Saving money for college, beginning the instant you know you have a child on the way, is certainly the most effective approach. However, if you couldn't or didn't save money for your child's education back then, you may be behind in the savings game.
But it's never too late to begin saving for your child's education. In the following sections, I discuss the best ways to start saving today for your children's education, regardless of their age.
Beginning At Birth
Saving for future events in your child's life should begin no later than the day he or she is born, but you shouldn't be the only one putting money away for that purpose. Your child eventually can help fund his college accounts, too. Use the occasion of your child's birth to open up one or more college savings plans and an account in your child's name, into which you can deposit any gifts he or she receives at birth. You can add birthday gifts and other such sums to it regularly, until your child is old enough to begin making his or her own deposits. There's no better way to show your child the benefits of saving than to have a ready-made example with his or her name on it.

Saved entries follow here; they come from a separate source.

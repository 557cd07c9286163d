-- ===== src/Restrictions.antt =====
-- Selling restrictions: `evaluateRestrictions` of apps/api/src/common/restrictions.ts, and the rule
-- on the voids of an order, apps/api/src/common/pos-void.ts.
pub mod Rules
mod Tests
use lodgiva.Common.{
  ℕ, ◌≤◌, ◌*◌, Bool, true, false, ◌&&◌, ◌||◌, not, Option, none, some, List, [], ◌∷◌, ◌++◌, ◌==◌,
  ltb, filter, length, if◌then◌else◌,
}
use lodgiva.Common.Int.{ℤ, pos, ◌-ℤ◌, ltb_ℤ}
use lodgiva.Store.{IsoDate}

-- A flag that is not given is false, `null` and `undefined` are `none`.
pub record RestrictionRow : Type 0 where
  pub date : IsoDate
  pub closed : Bool
  pub closed_to_arrival : Bool
  pub closed_to_departure : Bool
  pub min_stay : Option ℕ
  pub max_stay : Option ℕ
  pub min_advance_days : Option ℤ

-- The `code` and the `details` of a violation.
pub data RestrictionViolation : Type 0 where
  dates_closed : List IsoDate → RestrictionViolation
  closed_to_arrival closed_to_departure : IsoDate → RestrictionViolation
  min_stay_not_met max_stay_exceeded : ℕ → ℕ → IsoDate → RestrictionViolation
  min_advance_not_met : ℤ → ℤ → RestrictionViolation

pub record EvaluateInput : Type 0 where
  pub nights : List IsoDate
  pub departure_date : IsoDate
  pub restrictions : IsoDate → Option RestrictionRow
  pub plan_min_stay : ℕ
  pub business_date : IsoDate

-- `restrictions.get(d)?.closed`, and the other fields
abbrev pub flag : (RestrictionRow → Bool) → Option RestrictionRow → Bool
flag f none = false
flag f (some r) = f r

abbrev pub number_of : {A : Type 0} → (RestrictionRow → Option A) → Option RestrictionRow → Option A
number_of f none = none
number_of f (some r) = f r

-- `arrivalRule?.minStay ?? planMinStay`
abbrev pub min_stay_of : ℕ → Option ℕ → ℕ
min_stay_of plan none = plan
min_stay_of plan (some n) = n

-- `if (test) violations.push(v)`
abbrev pub when_broken : Bool → RestrictionViolation → List RestrictionViolation
when_broken true v = v ∷ []
when_broken false v = []

abbrev pub closed_nights : EvaluateInput → List IsoDate
closed_nights input = filter (λ d. flag (λ r. r.closed) (input.restrictions d)) input.nights

abbrev pub is_some_night : List IsoDate → Bool
is_some_night [] = false
is_some_night (_ ∷ _) = true

-- `daysBetween`, on the numbers of the days
abbrev pub days_between : IsoDate → IsoDate → ℤ
days_between from to = pos to -ℤ pos from

-- The rule on the longest stay: `maxStay && stayLength > maxStay`.
abbrev pub max_stay_broken : Option ℕ → ℕ → IsoDate → List RestrictionViolation
max_stay_broken none stay arrival = []
max_stay_broken (some m) stay arrival =
    when_broken (not (m == 0) && ltb m stay) (max_stay_exceeded m stay arrival)

-- The rule on booking ahead.
abbrev pub min_advance_broken : Option ℤ → ℤ → List RestrictionViolation
min_advance_broken none lead = []
min_advance_broken (some days) lead = when_broken (ltb_ℤ lead days) (min_advance_not_met days lead)

-- The rules, for a stay with nights.
unfoldable pub violations_of : EvaluateInput → IsoDate → List RestrictionViolation
violations_of input arrival =
    let stay = length input.nights in
    let arrival_rule = input.restrictions arrival in
    let min_stay = min_stay_of input.plan_min_stay (number_of (λ r. r.min_stay) arrival_rule) in
    when_broken (is_some_night (closed_nights input)) (dates_closed (closed_nights input))
    ++ (when_broken (flag (λ r. r.closed_to_arrival) arrival_rule) (closed_to_arrival arrival)
        ++ (when_broken
              (flag (λ r. r.closed_to_departure) (input.restrictions input.departure_date))
              (closed_to_departure input.departure_date)
            ++ (when_broken (not (min_stay == 0) && ltb stay min_stay)
                  (min_stay_not_met min_stay stay arrival)
                ++ (max_stay_broken (number_of (λ r. r.max_stay) arrival_rule) stay arrival
                    ++ min_advance_broken (number_of (λ r. r.min_advance_days) arrival_rule)
                        (days_between input.business_date arrival)))))

-- `evaluateRestrictions`
unfoldable pub evaluate_restrictions : EvaluateInput → List RestrictionViolation
unfolding violations_of
evaluate_restrictions input = elim input.nights [
  | [] ↦ []
  | arrival ∷ later ↦ violations_of input arrival
]

-- `POS_VOID_SELF_SERVICE_MINOR` and `POS_VOID_GRACE_MINUTES`
abbrev pub pos_void_self_service_minor : ℕ
pos_void_self_service_minor = 500000

abbrev pub pos_void_grace_minutes : ℕ
pos_void_grace_minutes = 15

-- Why a void needs a supervisor: the message that is shown.
pub data VoidDecision : Type 0 where
  self_service needs_approval_for_amount needs_approval_for_age : VoidDecision

-- `decideVoid`, with the age in milliseconds, of which the source has the 60,000th part
unfoldable pub decide_void_rule : ℤ → ℕ → Bool → VoidDecision
decide_void_rule total_minor age can_approve =
    let too_large = ltb_ℤ (pos pos_void_self_service_minor) total_minor in
    let too_old = ltb (pos_void_grace_minutes * 60000) age in
    if can_approve
    then self_service
    else if not too_large && not too_old
    then self_service
    else if too_large
    then needs_approval_for_amount
    else needs_approval_for_age
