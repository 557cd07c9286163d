-- ===== src/Restrictions/Rules.antt =====
-- When a stay passes all restrictions.
use lodgiva.Common.{
  ℕ, ◌≤◌, Bool, false, Option, none, some, List, [], ◌∷◌, ◌++◌, ◌≡◌, refl, sym, ◌∙◌, ◌&&◌, not,
  ◌==◌, ltb, arith, ◌↔◌, All, filter, length, ◌⊎◌,
}
use lodgiva.Common.Int.{ℤ, ◌≤ℤ◌}
use lodgiva.Store.{IsoDate}
use lodgiva.Restrictions.{
  RestrictionViolation, when_broken, max_stay_broken, min_advance_broken, is_some_night,
  EvaluateInput, flag, number_of, min_stay_of, closed_nights, days_between, violations_of,
  evaluate_restrictions,
}

-- The bounds that a row may give; a longest stay of 0 is none.
abbrev pub Within : Option ℕ → ℕ → Type 0
Within none n = Unit
Within (some m) n = (m ≡ 0) ⊎ (n ≤ m)

abbrev pub Ahead : Option ℤ → ℤ → Type 0
Ahead none lead = Unit
Ahead (some days) lead = days ≤ℤ lead

-- A stay from `arrival` on that breaks no rule.
pub record Sellable (input : EvaluateInput) (arrival : IsoDate) : Type 0 where
  pub nights_open : All (λ d. flag (λ r. r.closed) (input.restrictions d) ≡ false) input.nights
  pub may_arrive : flag (λ r. r.closed_to_arrival) (input.restrictions arrival) ≡ false
  pub may_depart :
      flag (λ r. r.closed_to_departure) (input.restrictions input.departure_date) ≡ false
  pub long_enough :
      min_stay_of input.plan_min_stay (number_of (λ r. r.min_stay) (input.restrictions arrival))
      ≤ length input.nights
  pub short_enough :
      Within (number_of (λ r. r.max_stay) (input.restrictions arrival)) (length input.nights)
  pub ahead :
      Ahead
        (number_of (λ r. r.min_advance_days) (input.restrictions arrival))
        (days_between input.business_date arrival)

All-of_filter : (p : ℕ → Bool) (l : List ℕ) → filter p l ≡ [] → All (λ x. p x ≡ false) l
All-of_filter p [] h = tt
All-of_filter p (x ∷ l) h = (ground arith, All-of_filter p l (ground arith))

filter-nil : (p : ℕ → Bool) (l : List ℕ) → All (λ x. p x ≡ false) l → filter p l ≡ []
filter-nil p [] h = refl
filter-nil p (x ∷ l) h = ground (arith, h.0, filter-nil p l h.1)

-- Joined lists are empty when all are.
append-nil : {A : Type 0} (k l : List A) → k ++ l ≡ [] → (k ≡ []) × (l ≡ [])
append-nil [] l h = (refl, h)
append-nil (x ∷ k) l h = absurd (ground arith)

when_broken-nil : (b : Bool) (v : RestrictionViolation) → when_broken b v ≡ [] → b ≡ false
when_broken-nil b v h = ground arith

max_stay-Within : (m : Option ℕ) (n : ℕ) (d : IsoDate) → (max_stay_broken m n d ≡ []) ↔ Within m n
max_stay-Within none n d = (λ _. tt, λ _. refl)
max_stay-Within (some m) n d = (λ h. ground arith, λ h. ground arith)

min_advance-Ahead :
    (days : Option ℤ) (lead : ℤ) → (min_advance_broken days lead ≡ []) ↔ Ahead days lead
min_advance-Ahead none lead = (λ _. tt, λ _. refl)
min_advance-Ahead (some days) lead = (λ h. ground arith, λ h. ground arith)

-- The shortest stay: `minStay && stayLength < minStay`
min_stay_le : (m n : ℕ) → (not (m == 0) && ltb n m ≡ false) ↔ (m ≤ n)
min_stay_le m n = (λ h. ground arith, λ h. ground arith)

is_some_night-nil : (l : List IsoDate) → (is_some_night l ≡ false) ↔ (l ≡ [])
is_some_night-nil [] = (λ _. refl, λ _. refl)
is_some_night-nil (x ∷ l) = (λ h. absurd (ground arith), λ h. absurd (ground arith))

violations_of-Sellable :
    (input : EvaluateInput) (arrival : IsoDate)
    → violations_of input arrival ≡ []
    → Sellable input arrival
unfolding violations_of
violations_of-Sellable input arrival h =
    let (a, h1) = append-nil _ _ h in
    let (b, h2) = append-nil _ _ h1 in
    let (c, h3) = append-nil _ _ h2 in
    let (d, h4) = append-nil _ _ h3 in
    let (e, f) = append-nil _ _ h4 in
    record {
      nights_open =
          All-of_filter _ input.nights
            ((is_some_night-nil (closed_nights input)).0 (when_broken-nil _ _ a));
      may_arrive = when_broken-nil _ _ b;
      may_depart = when_broken-nil _ _ c;
      long_enough = (min_stay_le _ _).0 (when_broken-nil _ _ d);
      short_enough = (max_stay-Within _ _ _).0 e;
      ahead = (min_advance-Ahead _ _).0 f;
    }

Sellable-violations_of :
    (input : EvaluateInput) (arrival : IsoDate)
    → Sellable input arrival
    → violations_of input arrival ≡ []
unfolding violations_of
Sellable-violations_of input arrival s =
    rw
      (
        (is_some_night-nil (closed_nights input)).1 (filter-nil _ input.nights s.nights_open),
        s.may_arrive,
        s.may_depart,
        (min_stay_le _ _).1 s.long_enough,
        (max_stay-Within _ _ arrival).1 s.short_enough,
        (min_advance-Ahead _ _).1 s.ahead,
      )
      refl

-- A stay passes exactly when it breaks no rule: no night is closed, the arrival and the departure
-- are allowed, its length is within the bounds of the arrival date, the plan's shortest stay where
-- that date gives none, and it is booked far enough ahead.
pub evaluate_restrictions_iff :
    (input : EvaluateInput) (arrival : IsoDate) (later : List IsoDate)
    → input.nights ≡ arrival ∷ later
    → (evaluate_restrictions input ≡ []) ↔ Sellable input arrival
evaluate_restrictions_iff input arrival later h =
    let same : evaluate_restrictions input ≡ violations_of input arrival = run in
    (
      λ e. violations_of-Sellable input arrival (sym same ∙ e),
      λ s. same ∙ Sellable-violations_of input arrival s,
    )
  where
    run : evaluate_restrictions input ≡ violations_of input arrival
    run = unfold evaluate_restrictions in ground (arith, h)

Putting small sums of money aside in your child's name (with you as custodian) is great, but you may want to consider depositing larger sums into an account in your name (perhaps as trustee for your child, but using your Social Security number to open the account) or even using that money to start a Section 529 plan for your child. Teaching your children about money is key if they're to become successful adults, but if your child will need any sort of need-based financial aid down the road, the value of the accounts held in his name will be counted more heavily than one in your name (20 percent for your child's account against a maximum of 5.64 percent for yours).

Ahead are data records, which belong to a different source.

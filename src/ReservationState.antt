-- ===== src/ReservationState.antt =====
-- The lifecycle of a reservation as data: apps/api/src/common/reservation-state.ts.
pub mod Lifecycle
pub mod Messages
mod Tests
use lodgiva.Common.{ℕ, Bool, true, false, List, [], ◌∷◌, ◌==◌, any, filter}
use lodgiva.Store.{
  ReservationState, draft, held, pending_payment, confirmed, checked_in, checked_out, cancelled,
  no_show,
}

-- The place of a state in `RESERVATION_STATES`, by which two states are compared.
abbrev pub index : ReservationState → ℕ
index draft = 0
index held = 1
index pending_payment = 2
index confirmed = 3
index checked_in = 4
index checked_out = 5
index cancelled = 6
index no_show = 7

abbrev pub same_state : ReservationState → ReservationState → Bool
same_state a b = index a == index b

-- `RESERVATION_STATES`
abbrev pub reservation_states : List ReservationState
reservation_states =
    draft ∷ held ∷ pending_payment ∷ confirmed ∷ checked_in ∷ checked_out ∷ cancelled ∷ no_show ∷ []

-- `TRANSITIONS`
unfoldable pub transitions : ReservationState → List ReservationState
transitions draft = held ∷ pending_payment ∷ confirmed ∷ cancelled ∷ []
transitions held = pending_payment ∷ confirmed ∷ cancelled ∷ []
transitions pending_payment = confirmed ∷ cancelled ∷ []
transitions confirmed = checked_in ∷ cancelled ∷ no_show ∷ []
transitions checked_in = checked_out ∷ []
transitions checked_out = []
transitions cancelled = []
transitions no_show = []

-- `INVENTORY_HOLDING_STATES`
abbrev pub inventory_holding_states : List ReservationState
inventory_holding_states = held ∷ pending_payment ∷ confirmed ∷ checked_in ∷ []

-- `MODIFIABLE_STATES`
abbrev pub modifiable_states : List ReservationState
modifiable_states = draft ∷ held ∷ pending_payment ∷ confirmed ∷ []

abbrev pub is_empty : List ReservationState → Bool
is_empty [] = true
is_empty (_ ∷ _) = false

unfoldable pub is_terminal : ReservationState → Bool
unfolding transitions
is_terminal state = is_empty (transitions state)

-- `TERMINAL_STATES`
unfoldable pub terminal_states : List ReservationState
unfolding is_terminal
terminal_states = filter is_terminal reservation_states

unfoldable pub can_transition : ReservationState → ReservationState → Bool
unfolding transitions
can_transition from to = any (λ s. same_state s to) (transitions from)

unfoldable pub holds_inventory : ReservationState → Bool
holds_inventory state = any (λ s. same_state s state) inventory_holding_states

unfoldable pub is_modifiable : ReservationState → Bool
is_modifiable state = any (λ s. same_state s state) modifiable_states
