-- ===== src/Reservations/Rooms.antt =====
-- The look-ups, guards and updates that the operations on reservations share.
use lodgiva.Common.{
  ℕ, Bool, true, false, ◌&&◌, not, Option, none, some, List, ◌∷◌, String, ◌==◌, ltb, find, filter,
  any, last?, is_id, update_where, sort_by, if◌then◌else◌,
}
use lodgiva.Store.{
  Key, IsoDate, StayStatus, reserved, in_house, RoomStatus, vacant_clean, vacant_dirty, inspected,
  occupied_clean, occupied_dirty, is_out, ReservationState, Room, RoomBlock, Reservation,
  ReservationRoom, Folio, HousekeepingTask, task_pending, Db, M, pure, gets, require, modify, fresh,
  throw_if, ◌>>=◌, ◌>>◌, not_found, conflict, crash, reservation_not_found,
  invalid_state_transition,
}
use lodgiva.Access.{Auth, assert_property}
use lodgiva.ReservationState.{can_transition}

-- `assertTransition`
abbrev pub assert_transition : ReservationState → ReservationState → M (Unit {0})
assert_transition from to =
    throw_if (not (can_transition from to)) (conflict invalid_state_transition)

-- The `where` of `getOrThrow`.
abbrev pub is_reservation : Auth → Key → Reservation → Bool
is_reservation auth id r = r.id == id && r.tenant_id == auth.tenant_id

-- `getOrThrow`
unfoldable pub get_or_throw : Auth → Key → M Reservation
unfolding assert_property
get_or_throw auth id = do
  res ←
      require (← gets (λ db. find (is_reservation auth id) db.reservations))
        (not_found reservation_not_found)
  assert_property auth res.property_id
  pure res

-- `res.rooms[0]`
abbrev pub first_room : Key → Db → Option ReservationRoom
first_room id db = last? (filter (λ r. r.reservation_id == id) db.reservation_rooms)

-- `res.folios[0]`
abbrev pub first_folio : Key → Db → Option Folio
first_folio id db = last? (filter (λ f. is_id f.reservation_id id) db.folios)

-- Reading a field of `res.rooms[0]` throws where there is none.
unfoldable pub room_of : Key → M ReservationRoom
room_of id = do require (← gets (first_room id)) crash

-- `["RESERVED", "IN_HOUSE"].includes(status)`
abbrev pub is_booked : StayStatus → Bool
is_booked reserved = true
is_booked in_house = true
is_booked _ = false

abbrev pub is_in_house : StayStatus → Bool
is_in_house in_house = true
is_in_house _ = false

-- A stay that is booked into a room on a night of a range (`overlapWhere`).
abbrev pub books_room : Key → Key → IsoDate → IsoDate → ReservationRoom → Bool
books_room tenant_id room_id arrival departure r =
    r.tenant_id == tenant_id
    && (is_id r.room_id room_id
        && (is_booked r.status && (ltb r.arrival_date departure && ltb arrival r.departure_date)))

-- Another stay that is.
abbrev pub is_clash : Key → Key → Key → IsoDate → IsoDate → ReservationRoom → Bool
is_clash own tenant_id room_id arrival departure r =
    not (r.id == own) && books_room tenant_id room_id arrival departure r

-- An active block on a room that overlaps a range.
abbrev pub blocks_room : Key → Key → IsoDate → IsoDate → RoomBlock → Bool
blocks_room tenant_id room_id arrival departure b =
    b.tenant_id == tenant_id
    && (b.room_id == room_id
        && (b.is_in_force && (ltb b.start_date departure && ltb arrival b.end_date)))

-- A guest of the tenant is in house in the room.
abbrev pub occupies : Key → Key → ReservationRoom → Bool
occupies tenant_id room_id r =
    r.tenant_id == tenant_id && (is_id r.room_id room_id && is_in_house r.status)

-- `["VACANT_CLEAN", "INSPECTED"].includes(status)`
abbrev pub is_ready : RoomStatus → Bool
is_ready vacant_clean = true
is_ready inspected = true
is_ready _ = false

-- `READINESS[status] ?? 9`
abbrev pub readiness : RoomStatus → ℕ
readiness inspected = 0
readiness vacant_clean = 1
readiness vacant_dirty = 2
readiness occupied_clean = 3
readiness occupied_dirty = 3
readiness _ = 9

-- The input of `allocateRoom`; nothing passes an `excludeRoomId`.
pub record RoomInput : Type 0 where
  pub tenant_id : Key
  pub property_id : Key
  pub room_type_id : Key
  pub arrival : IsoDate
  pub departure : IsoDate

abbrev pub is_candidate : RoomInput → Room → Bool
is_candidate i r =
    r.tenant_id == i.tenant_id
    && (r.property_id == i.property_id
        && (r.room_type_id == i.room_type_id && not (is_out r.operational_status)))

-- No stay is booked into the room and no block is on it.
abbrev pub is_free : RoomInput → List ReservationRoom → List RoomBlock → Room → Bool
is_free i stays blocks r =
    not (any (books_room i.tenant_id r.id i.arrival i.departure) stays)
    && not (any (blocks_room i.tenant_id r.id i.arrival i.departure) blocks)

abbrev pub more_ready : Room → Room → Bool
more_ready a b = ltb (readiness a.operational_status) (readiness b.operational_status)

-- `orderBy: [{ floor: "asc" }, { roomNumber: "asc" }]`, by the test on room numbers that the
-- database has
abbrev pub by_floor : (String → String → Bool) → Room → Room → Bool
by_floor before a b =
    if a.floor == b.floor then before a.room_number b.room_number else ltb a.floor b.floor

-- `allocateRoom`
unfoldable pub allocate_room : (String → String → Bool) → RoomInput → M (Option Room)
unfolding sort_by
allocate_room before i = gets λ db.
    find (is_free i db.reservation_rooms db.blocks)
      (sort_by more_ready (sort_by (by_floor before) (filter (is_candidate i) db.rooms)))

-- Updates of one row.
abbrev pub update_stay : Key → (ReservationRoom → ReservationRoom) → Db → Db
update_stay id f db = record db {
  reservation_rooms = update_where (λ r. r.id == id) f db.reservation_rooms;
}

abbrev pub update_room_status : Key → RoomStatus → Db → Db
update_room_status id status db = record db {
  rooms = update_where (λ r. r.id == id) (λ r. record r { operational_status = status }) db.rooms;
}

abbrev pub update_reservation : Key → (Reservation → Reservation) → Db → Db
update_reservation id f db = record db {
  reservations = update_where (λ r. r.id == id) f db.reservations;
}

-- The task that a vacated room gets.
abbrev pub turnover_row : Auth → Key → Key → IsoDate → String → Key → HousekeepingTask
turnover_row auth property_id room_id date notes id = record {
  id = id;
  tenant_id = auth.tenant_id;
  property_id = property_id;
  room_id = room_id;
  business_date = date;
  type = "TURNOVER";
  priority = "HIGH";
  assigned_to = none;
  assigned_user_id = none;
  notes = some notes;
  status = task_pending;
  started_at = none;
  completed_at = none;
  version = 1;
}

unfoldable pub create_turnover : Auth → Key → Key → IsoDate → String → M (Unit {0})
create_turnover auth property_id room_id date notes = do
  id ← fresh
  modify
      (λ db. record db { tasks = turnover_row auth property_id room_id date notes id ∷ db.tasks })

While your child is still young, you may want to consider investing in high-growth stocks, as opposed to bonds or even money market funds. True, the risk is higher than with other sorts of investments, and you may actually see the value of your investments drop. Time, though, is on your side; traditionally, money invested in the stock market has outperformed other investments, and if you have the time (usually anything longer than five years) and a stomach that can handle the risk, your investments will probably appreciate significantly.
Getting In Gear During The Teen Years
If you begin your child's college savings accounts at birth, by the time he or she is a teenager, you should have a tidy sum inside those accounts. Still, you're edging ever closer to that magic matriculation date, and some of your investments may not have been gold-plated. It's never too early to start saving, but it's also never too late: It's time to start superfunding your Section 529 plan, if you can.

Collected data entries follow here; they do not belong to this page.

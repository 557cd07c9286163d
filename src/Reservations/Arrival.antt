-- ===== src/Reservations/Arrival.antt =====
-- `checkIn` of
-- apps/api/src/modules/reservations.module.ts. `before` is the order that the database has
-- on room numbers.
use package.text.Mathlib.Text.{◌==◌ as str_eq}
use lodgiva.Common.{
  ◌+◌, Bool, ◌&&◌, ◌||◌, not, Option, none, some, [], ◌∷◌, String, ◌==◌, ltb, leb, find, any,
  if◌then◌else◌,
}
use lodgiva.Store.{
  Key, checked_in, in_house, is_out, occupied_clean, text, code_points, missing, Room, Reservation,
  ReservationRoom, M, pure, gets, require, modify, throw_if, ◌>>=◌, ◌>>◌, not_found, conflict,
  forbidden, override_forbidden, outside_stay_dates, no_room_available, room_not_found,
  room_type_mismatch, room_blocked, room_not_available, room_not_ready, room_occupied,
}
use lodgiva.Access.{Auth, log, emit, assert_property}
use lodgiva.Reservations.Rooms.{
  assert_transition, get_or_throw, room_of, is_clash, blocks_room, occupies, is_ready, RoomInput,
  allocate_room, update_stay, update_room_status, update_reservation,
}

-- `["TENANT_OWNER", "GENERAL_MANAGER"].includes(role)`
abbrev pub is_manager : String → Bool
is_manager role = str_eq role "TENANT_OWNER" || str_eq role "GENERAL_MANAGER"

-- `checkInSchema`
pub record CheckIn : Type 0 where
  pub room_id : Option Key
  pub override_dirty_room : Bool

abbrev pub room_input : Auth → Reservation → ReservationRoom → RoomInput
room_input auth res stay = record {
  tenant_id = auth.tenant_id;
  property_id = res.property_id;
  room_type_id = stay.room_type_id;
  arrival = res.arrival_date;
  departure = res.departure_date;
}

-- `dto.roomId ?? resRoom.roomId`
abbrev pub first_given : Option Key → Option Key → Option Key
first_given none other = other
first_given (some id) other = some id

-- The room that is named, or one that is picked.
unfoldable pub pick_room :
    (String → String → Bool) → Auth → Reservation → ReservationRoom → Option Key → M Key
unfolding allocate_room
pick_room before auth res stay (some id) = pure id
pick_room before auth res stay none = do
  picked ← require (← allocate_room before (room_input auth res stay)) (conflict no_room_available)
  pure picked.id

abbrev pub is_room_of : Auth → Key → Key → Room → Bool
is_room_of auth property_id room_id r =
    r.id == room_id && (r.tenant_id == auth.tenant_id && r.property_id == property_id)

unfoldable pub find_room : Auth → Key → Key → M Room
find_room auth property_id room_id = do
  require (← gets (λ db. find (is_room_of auth property_id room_id) db.rooms))
      (not_found room_not_found)

-- The guards of `checkIn` on the room.
unfoldable pub check_fit : Auth → Reservation → ReservationRoom → Room → Bool → M (Unit {0})
check_fit auth res stay room override = do
  throw_if (not (room.room_type_id == stay.room_type_id)) (conflict room_type_mismatch)
  blocked ←
      gets (λ db.
        any (blocks_room auth.tenant_id room.id res.arrival_date res.departure_date) db.blocks)
  throw_if (blocked || is_out room.operational_status) (conflict room_blocked)
  throw_if
      (← gets (λ db.
        any (is_clash stay.id auth.tenant_id room.id res.arrival_date res.departure_date)
          db.reservation_rooms))
      (conflict room_not_available)
  throw_if (not (is_ready room.operational_status) && not override) (conflict room_not_ready)
  throw_if (← gets (λ db. any (occupies auth.tenant_id room.id) db.reservation_rooms))
      (conflict room_occupied)

abbrev pub in_house_row : Key → ReservationRoom → ReservationRoom
in_house_row room_id r = record r { room_id = some room_id; status = in_house }

abbrev pub checked_in_row : Reservation → Reservation
checked_in_row r = record r { status = checked_in; version = r.version + 1 }

-- The writes of `checkIn`.
unfoldable pub settle_in : Auth → Reservation → ReservationRoom → Room → Bool → M Reservation
unfolding log emit
settle_in auth res stay room override = do
  modify (update_stay stay.id (in_house_row room.id))
  modify (update_room_status room.id occupied_clean)
  modify (update_reservation res.id checked_in_row)
  log auth "frontdesk.check_in" "reservation" res.id (some res.property_id) (
      ("room", text room.room_number)
      ∷ (
        "override",
        if override && not (is_ready room.operational_status)
            then text "dirty-room-override"
            else missing,
      )
      ∷ [])
  emit auth.tenant_id "reservation" res.id "guest.checked_in" (
      ("confirmationCode", code_points res.confirmation_code)
      ∷ ("room", text room.room_number)
      ∷ [])
  pure (checked_in_row res)

-- `checkIn`
unfoldable pub check_in : (String → String → Bool) → Auth → Key → CheckIn → M Reservation
check_in before auth id dto = do
  throw_if (dto.override_dirty_room && not (is_manager auth.role)) (forbidden override_forbidden)
  res ← get_or_throw auth id
  assert_transition res.status checked_in
  property ← assert_property auth res.property_id
  throw_if
      (ltb property.business_date res.arrival_date || leb res.departure_date property.business_date)
      (conflict outside_stay_dates)
  stay ← room_of res.id
  room_id ← pick_room before auth res stay (first_given dto.room_id stay.room_id)
  room ← find_room auth res.property_id room_id
  check_fit auth res stay room dto.override_dirty_room
  settle_in auth res stay room dto.override_dirty_room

Regarding the money you have managed to save, it doesn't matter if your investments have done spectacularly or have tanked: Now is the time to begin moving at least a portion of the value of your investments into less-volatile areas, such as bond and money market accounts. As each year passes, continue to decrease the amount you have invested in riskier stocks, and increase the amount you maintain in bonds, certificates of deposit, and money market funds. Although the potential for growth in these accounts is limited, so is the potential for loss, and at this stage, you want to know that the money you've saved is secure for your child's education.
If the writing is on the wall, and you're realizing that your child is going to need some amount of financial aid, this is also the time to start moving assets away from your child. If you have a Coverdell account for your child, you may want to convert it into a 529 plan at this point. If you choose this option, the original Coverdell beneficiary must also be the 529 designated beneficiary. If you decide not to roll over the Coverdell funds into a Section 529 plan, now would be the right time to use the money in the account to either buy a computer or pay for some extra tutoring. At this point, anything you can do to give your child an academic edge may pay off in the long run; many scholarships are awarded based on merit, rather than need, and money spent now in strengthening academics may pay you back many times over down the road.
Finding Out It's Never Too Late To Start Saving
Obviously, if you wait until one year before college to set up a college savings account, you probably won't have as much in it as parents who begin saving the day their child was born. You could let that knowledge defeat you: Why bother saving anything if it's too little, too late? But you can fight back.
Forget a Coverdell account at this point (unless you're able to roll over an existing Coverdell account from another child to this one). But a Section 529 plan is still the best bet. Many prepaid tuition plans will be closed to you (they require that you begin making contributions by the time your child reaches a certain grade, which you've probably already passed), but all of the savings plans are open, available, and just waiting for your money.
And, although putting money into a tax-deferred or exempt account six months before the first tuition payment is due may not make sense, remember that your child will be attending college for the long haul, and that money could earn a considerable amount inside that account before the last tuition payment is due. Consider making your first payments using current income, or Stafford or PLUS loans, and save money in your child's Section 529 plan for his later college, or even graduate-school, years.
No matter when you start, or how much you manage to accumulate, saving something is better than saving nothing. That something may mean the difference between your child being able to attend college or not, or being faced with massive debt or a smaller, more manageable amount.